Of course I look smug -I'm home!

Of course I look smug -I’m home!

Mum arrived at the pound and she told me her legs were shaking all the way there and she kept praying it would be me. When they took her into the cat room we just looked at each other but after she opened the door and leant in, I gave her my favourite head-butt of affection. We both knew I was going home! The ladies from the pound and PAWS were so excited they had tears in their eyes.

Ever since we got home I’ve been so happy to be here. I can’t get enough pats and cuddles and keep sitting as close as possible to my family and purring and purring. I even like the grandchildren now.

I don’t want to be aloof any more, I’ve had my fill of adventure. When either of my family sits down I jump straight up and join them for a cuddle. I even sleep on the end of the bed now and if I feel lonely I can go up and ask for more pats. Mum says my eyes look a bit different now – of course they do! I saw some scary stuff out there in the wilds of the suburb.

I’m done with my mid-life crisis, I just want to be safe at home. Every now and then I look out at the courtyard but it’s a scary world out there, and inside everyone loves me. You’d think I was a celebrity the way my family has turned into the paparazzi and take my photo at every turn. And everywhere my parents go people are just so thrilled that I made it home safely – and so am I.

Mum wants to get in on the act now, but I don’t mind because we’re such good mates.
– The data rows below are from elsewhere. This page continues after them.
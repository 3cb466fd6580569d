-- ===== src/Clients/PgsqlErrors.antt =====
-- The error messages and the row counts of src/cPgsqlDatabase.cpp.
use pquery.Prelude.{
  ℕ, zero, suc, ◌<◌, false, [], ◌∷◌, ◌++◌, ◌≡◌, refl, ap, none, some, arith, ◌==◌, Bytes, codes,
  All, drop, pos, int64_bound,
}
use pquery.WorkerConfig.Checks.{cast_to}
use pquery.WorkerConfig.Decimals.{extract_int-to_string, to_string_not_empty}
use pquery.Clients.PgsqlOutput.{first_line, cut, get_error_string, get_affected_rows, number}

abbrev pub InLine : ℕ → Type 0
InLine c = (c == b'\n') ≡ false

-- The message in front of its first newline, without "ERROR" in front.
first_line-append :
    (line rest : Bytes) → All InLine line → first_line (line ++ b'\n' ∷ rest) ≡ some line
unfolding first_line
first_line-append [] rest h = refl
first_line-append (c ∷ line) rest h = rw (h.0, first_line-append line rest h.1) refl

first_line-none : (line : Bytes) → All InLine line → first_line line ≡ none
unfolding first_line
first_line-none [] h = refl
first_line-none (c ∷ line) h = rw (h.0, first_line-none line h.1) refl

drop-InLine : (n : ℕ) (line : Bytes) → All InLine line → All InLine (drop n line)
drop-InLine zero line h = h
drop-InLine (suc n) [] h = tt
drop-InLine (suc n) (c ∷ line) h = drop-InLine n line h.1

-- Of a message with more lines the first is given, with the status in front where there is a result;
-- of one with no newline all of it, without the status.
pub get_error_string_line :
    (status line rest : Bytes)
    → All InLine line
    → let message = codes "ERROR" ++ (line ++ b'\n' ∷ rest) in
      (get_error_string (some status) message ≡ status ++ line)
      × (get_error_string none message ≡ line)
      × (get_error_string (some status) (codes "ERROR" ++ line) ≡ line)
unfolding get_error_string
get_error_string_line status line rest h = (
  ap (cut (some status) (line ++ b'\n' ∷ rest)) (first_line-append line rest h),
  ap (cut none (line ++ b'\n' ∷ rest)) (first_line-append line rest h),
  ap (cut (some status) line) (first_line-none line h),
)

-- The number of rows that libpq writes is given back, where it is one of `int64_t`.
pub get_affected_rows-number :
    (n : ℕ) → n < int64_bound → get_affected_rows (some (number n)) ≡ some n
unfolding get_affected_rows number cast_to
get_affected_rows-number n h =
    rw (to_string_not_empty (pos n), extract_int-to_string (pos n) (omega arith, omega arith))
      (ap some (omega arith))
Mr Cassmob & I are so grateful for the kindness of all our friends and the random strangers we bailed up to ask about Springer. The TELAF people were fabulous in keeping Springer’s photo in the missing list for people to see and the RSPCA, PAWS and the pound were all responsive to our requests for follow-up. We’re eternally grateful to have our boy back safe and sound and especially thank the unknown lady who looked after him in Holtze St as well as the PAWS ladies at the pound who called us to come and look. People have been so kind. 

(Thanks to Geniaus for the guest post idea).